Friday, August 23, 2013
Coming around the last curve of the walking track headed to my car tonight, I heard a voice say "You better speed it up a little". I turned to see my friend Scotty, on his bike.
I explained I was finishing up my final lap after an hour.
We exchanged the normal pleasantries, the weather, etc.
And I got into my car to drive away.
I sat there taking off my pedometer and getting ready to leave and I started thinking about how things have sure been different for myself and for Scotty this past year.
A year ago I was well on my way to losing weight for the first time in my many years of trying.
I had only lost like 35 pounds, but I knew this time was different.
I knew this time it meant life or death. I had chosen twice not to have weight loss surgery and I knew this was it.
I pushed myself hard from May til January and my self esteem was at an all time high a year ago.
I felt better about myself, I wasnt ashamed to go out with friends. I knew people were notIcing my weight loss and were really congratulating me.
Then in January, of course, things changed, I broke my foot and couldnt walk, which was my choice of exercise and not only for physical health but mental and emotional and just getting outside, finding time for myself.
Depression set in, relationship issues came to a boiling point, decisions were put on hold.
I allowed myself to slowly, and only ever so slightly fall back into some bad eating habits.
And I gained some of my weight, not alot, but some of it back.
That was nearly 8 months ago.
It sure doesnt seem that way. It was a long recovery as I have written about before.

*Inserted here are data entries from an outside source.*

-- ===== src/Snapshot/Writes.antt =====
-- The writes of `dump_to_path` of src/snapshot.rs, and its calls from the `flush` on.
use lloogg.Prelude.{
  length, ◌<◌, ℕ, ◌+◌, ◌≤◌, ◌≡◌, refl, ap, ◌∙◌, ◌⊎◌, inl, inr, Option, none, some, List, [], ◌∷◌,
  map, arith, take, All, Option-cases,
}
use lloogg.Snapshot.Effects.{IsWriting}
use lloogg.Snapshot.Disk.{
  Effect, flushed, appended, renamed, Disk, write_header, write_keys, or_fails, finish,
}

-- Writes that do not fail.
pub write_keys-whole :
    (disk : Disk) (i : ℕ) (ps : List (List ℕ))
    → ((j : ℕ) → i ≤ j → disk.write j ≡ none)
    → write_keys disk i ps ≡ map appended ps
unfolding write_keys
write_keys-whole disk i [] h = refl
write_keys-whole disk i (p ∷ ps) h =
    rw (write_keys, h i (omega arith), write_keys-whole disk (i + 1) ps (λ j l. h j (omega arith)))

module _ (disk : Disk) (i : ℕ) (p : List ℕ) (ps : List (List ℕ)) where
  write_header-takes :
      disk.write i ≡ none
      → write_header disk i (p ∷ ps)
        ≡ (appended p ∷ (write_header disk (i + 1) ps).0, (write_header disk (i + 1) ps).1)
  unfolding write_header
  write_header-takes h = rw (write_header, h)

  write_header-fails :
      {errno taken : ℕ}
      → disk.write i ≡ some (errno, taken)
      → write_header disk i (p ∷ ps) ≡ (appended (take taken p) ∷ [], some errno)
  unfolding write_header
  write_header-fails h = rw (write_header, h)

-- The header without an error.
pub write_header-whole :
    (disk : Disk) (i : ℕ) (ps : List (List ℕ))
    → ((j : ℕ) → i ≤ j → j < i + length ps → disk.write j ≡ none)
    → write_header disk i ps ≡ (map appended ps, none)
unfolding write_header
write_header-whole disk i [] h = refl
write_header-whole disk i (p ∷ ps) h =
    write_header-takes disk i p ps (h i (omega arith) (omega arith))
    ∙ ap (λ t. (appended p ∷ t.0, t.1))
        (write_header-whole disk (i + 1) ps (λ j l m. h j (omega arith) (omega arith)))

-- The header: an error, or all of it.
pub write_header-cases :
    (disk : Disk) (i : ℕ) (ps : List (List ℕ))
    → ((errno : ℕ) × ((write_header disk i ps).1 ≡ some errno)
        × All IsWriting (write_header disk i ps).0)
      ⊎ (write_header disk i ps ≡ (map appended ps, none))
unfolding write_header
write_header-cases disk i [] = inr refl
write_header-cases disk i (p ∷ ps) = elim (Option-cases (disk.write i)) [
  | inr ((errno, taken), fails) ↦
      let e = write_header-fails disk i p ps {errno = errno} {taken = taken} fails in
      inl (errno, ap (λ t. t.1) e, rw e (tt, tt))
  | inl takes ↦
      let e = write_header-takes disk i p ps takes in
      elim (write_header-cases disk (i + 1) ps) [
        | inl (errno, fails, writing) ↦ inl (errno, ap (λ t. t.1) e ∙ fails, rw e (tt, writing))
        | inr whole ↦ inr (e ∙ ap (λ t. (appended p ∷ t.0, t.1)) whole)
      ]
]

-- An error before the rename, or the rename of a file that is flushed.
abbrev pub IsFinish : List Effect × Option ℕ → Type 0
IsFinish r =
    ((errno : ℕ) × (fs : List Effect) × (r ≡ (fs, some errno)) × All IsWriting fs)
    ⊎ (r ≡ (flushed ∷ renamed ∷ [], none))

-- The same behind the flush.
abbrev IsFlushed : List Effect × Option ℕ → Type 0
IsFlushed r = ((errno : ℕ) × (r ≡ ([], some errno))) ⊎ (r ≡ (renamed ∷ [], none))

or_fails-IsFlushed :
    (o : Option ℕ) (rest : List Effect × Option ℕ) → IsFlushed rest → IsFlushed (or_fails o rest)
or_fails-IsFlushed (some errno) rest h = inl (errno, refl)
or_fails-IsFlushed none rest h = h

flushed-IsFinish :
    (o : Option ℕ) (rest : List Effect × Option ℕ)
    → IsFlushed rest
    → IsFinish (or_fails o (flushed ∷ rest.0, rest.1))
flushed-IsFinish (some errno) rest h = inl (errno, [], refl, tt)
flushed-IsFinish none rest (inl (errno, e)) =
    inl (errno, flushed ∷ [], ap (λ r. (flushed ∷ r.0, r.1)) e, (tt, tt))
flushed-IsFinish none rest (inr e) = inr (ap (λ r. (flushed ∷ r.0, r.1)) e)

pub finish-IsFinish : (disk : Disk) → IsFinish (finish disk)
unfolding finish
finish-IsFinish disk = flushed-IsFinish disk.flush _ (
    or_fails-IsFlushed disk.into_inner _
      (or_fails-IsFlushed disk.sync _ (or_fails-IsFlushed disk.rename _ (inr refl))))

Slow healing and slow climbing back up out of the blue state I was in and getting back into the right frame of mind.
For Scotty, 8 months ago he was dating my best friend and we all went to the mall together on New Years Day, a little trip out of town, I can remember us going out to eat, Golden Corral.
I hadnt broke my foot then and I was very much in lose, stay in control mode, so I was eating protein and salad and veggies.
Poor Scotty couldnt eat the piece of corn on the cob he had chosen, because he had lost most of his teeth.
See, about a year earlier, Scotty was having alot of pain, he got to the point he could barely move.
Went to the doc to see if he had pulled a muscle in his back, only to be diagnosed with advanced cancer of the spine.
He, a once healthy road construction/steel worker, lost down to skin and bones.
He went thru painful surgeries and spent about 50 days straight in Markee Cancer Center at UK.
My best friend stayed by his side thru his illness, paying his bills, doing his banking and doing whatever business he wasnt able to attend to.
After alot of chemo and home health care and stem cell injections...he was in remission.
He and my friend began having relationship issues and broke up not long after I broke my foot. He went back and forth with her thru break ups with another man she was seeing and he kept going back, only to get hurt again. I always wanted to shake him and say "cant you see that you are going to be hurt again, walk away".
But I never felt like it was my place to get involved in my friends relationships.
Scotty, trying to get his strength back, was told to begin riding a bike and now he is in better health.
He rides almost daily and has gained alot of his muscle back.
He still has some weakness and has developed high blood sugar.
But he is out there, pushing, and it was good to see him and gave me courage and enlightenment.
I always think of him as one of my role models when I feel like giving up.
He always encourages me and tells me to keep going.
I sure hope his cancer never returns and he gets much healthier and finds a good companion to be with.
He loves photography and going into the mountains and loves traveling around the southern USA.
I was feeling the endorphins coursing thru my body after a good sweaty one hour walk.
But I drove away feeling even better than I had.
Because my foot is healing.
Scotty is healing.
And we are both still going.
Thursday, August 22, 2013
Was feeling better today. Had planned to go for an evening walk, but as the evening wore on, I keep getting more and more congested. It seemed to be really breaking up this morning.
Well anyway, the coughing fits have all but ended. I have had the humidifier on in the living room and the vaporizer on in the bedroom.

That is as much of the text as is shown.